One of the most important (and very well-known) result in the study of the spectrum of Hermitian matrices is Horn's conjecture (or theorem?), which provides a complete answer to the following problem:

Let $A$ and $B$ be $n\times n$ Hermitian matrices. Determine all the possible values of the eigenvalues of $A+B$, given the eigenvalues of $A$ and $B$.

Given this result,
it seems a natural to wonder if there exists (or could possibly exist) such characterizations for other *combinations* Hermitian matrices.

For instance,
if by *combination* we mean the tensor product,
then the answer is trivial:
the eigenvalues of $A\otimes B$ is simply the set of all products of the eigenvalues of $A$ and $B$.

However, if by combination we mean the Hadamard (or Schur) product $$(A\circ B)_{ij}=A_{ij}B_{ij},$$ the answer is seemingly nontrivial, as with $A+B$.

Letting $\lambda_1(A\circ B),\ldots,\lambda_n(A\circ B)$ denote the eigenvalues of $A\circ B$, we observe that $$\lambda_1(A\circ B)+\cdots+\lambda_n(A\circ B)=\sum_{i=1}^nA_{ii}B_{ii},$$ and thus the set of possible eigenvalues of $A\circ B$ lies in a hyperplane $H$ determined by the diagonal entries of $A$ and $B$, which are themselves (to some extent) determined by the eigenvalues of $A$ and $B$.

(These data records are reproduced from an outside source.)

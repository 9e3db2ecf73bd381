-- ===== src/Retention/Examples.antt =====
-- A policy stored and read back, and cutoffs on a calendar that counts days.
use panmail.Base.{false, none, refl, some, true, ◌≡◌, arith}
use panmail.Retention.{Policy, Settings, resolve, apply, cutoff, clamp_days}
use panmail.Retention.Round.{resolve-apply, resolve-IsBounded, cutoff_past, IsBounded}
use panmail.Base.Int.{ℤ, pos, negsuc, ◌≤ℤ◌, ◌+ℤ◌, int_laws}

abbrev chosen : Policy
chosen = record {
  event_days = pos 0;
  message_days = pos 30;
  outbox_days = pos 3650;
  webhook_days = pos 7;
  app_log_days = pos 1;
  inbound_days = pos 2;
  archive_days = pos 3;
  quarantine_days = pos 4;
  analytics_days = pos 5;
}

abbrev stored : Settings
stored = record {
  log_retention_days = none;
  webhook_retention_days = some (pos 9);
  message_retention_days = negsuc 0;
  outbox_retention_days = pos 1;
  app_log_retention_days = pos 1;
  inbound_retention_days = pos 5000;
  archive_retention_days = pos 1;
  quarantine_retention_days = pos 1;
  analytics_retention_days = pos 1;
}

reads_default : (resolve (some stored)).event_days ≡ pos 14
unfolding resolve
reads_default = refl

reads_clamped : (resolve (some stored)).inbound_days ≡ pos 3650
unfolding resolve clamp_days
reads_clamped = refl

resolve-apply_example : resolve (some (apply chosen stored)) ≡ chosen
resolve-apply_example = resolve-apply chosen stored fits
  where
    fits : IsBounded chosen
    fits = record {
      event = (omega arith, omega arith);
      message = (omega arith, omega arith);
      outbox = (omega arith, omega arith);
      webhook = (omega arith, omega arith);
      app_log = (omega arith, omega arith);
      inbound = (omega arith, omega arith);
      archive = (omega arith, omega arith);
      quarantine = (omega arith, omega arith);
      analytics = (omega arith, omega arith);
    }

resolve-IsBounded_example : IsBounded (resolve (some stored))
resolve-IsBounded_example = resolve-IsBounded (some stored)

-- Days since an epoch, and a calendar on them.
cutoff_past_example :
    (pos 14 ≤ℤ pos 0 → (cutoff ◌+ℤ◌ (pos 0) (pos 14) (pos 100)).1 ≡ false)
    × (pos 1 ≤ℤ pos 14
        → ((cutoff ◌+ℤ◌ (pos 0) (pos 14) (pos 100)).1 ≡ true)
          × ((cutoff ◌+ℤ◌ (pos 0) (pos 14) (pos 100)).0 ≤ℤ pos 100))
cutoff_past_example = cutoff_past ◌+ℤ◌ (pos 0) ◌≤ℤ◌ back (pos 14) (pos 100)
  where
    back : (t n : ℤ) → pos 0 ≤ℤ pos 3650 +ℤ n → n ≤ℤ pos 0 → (t +ℤ n) ≤ℤ t
    back t n far h = omega int_laws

My question is thus the following:

Does there exist conjectures or results on what the set of possible eigenvalues of $A\circ B$ might look like in the hyperplane $$x_1+\cdots+x_n=\sum_{i=1}^nA_{ii}B_{ii},$$ or is there a reason to believe that there is little hope to find a satisfying description of such a subset?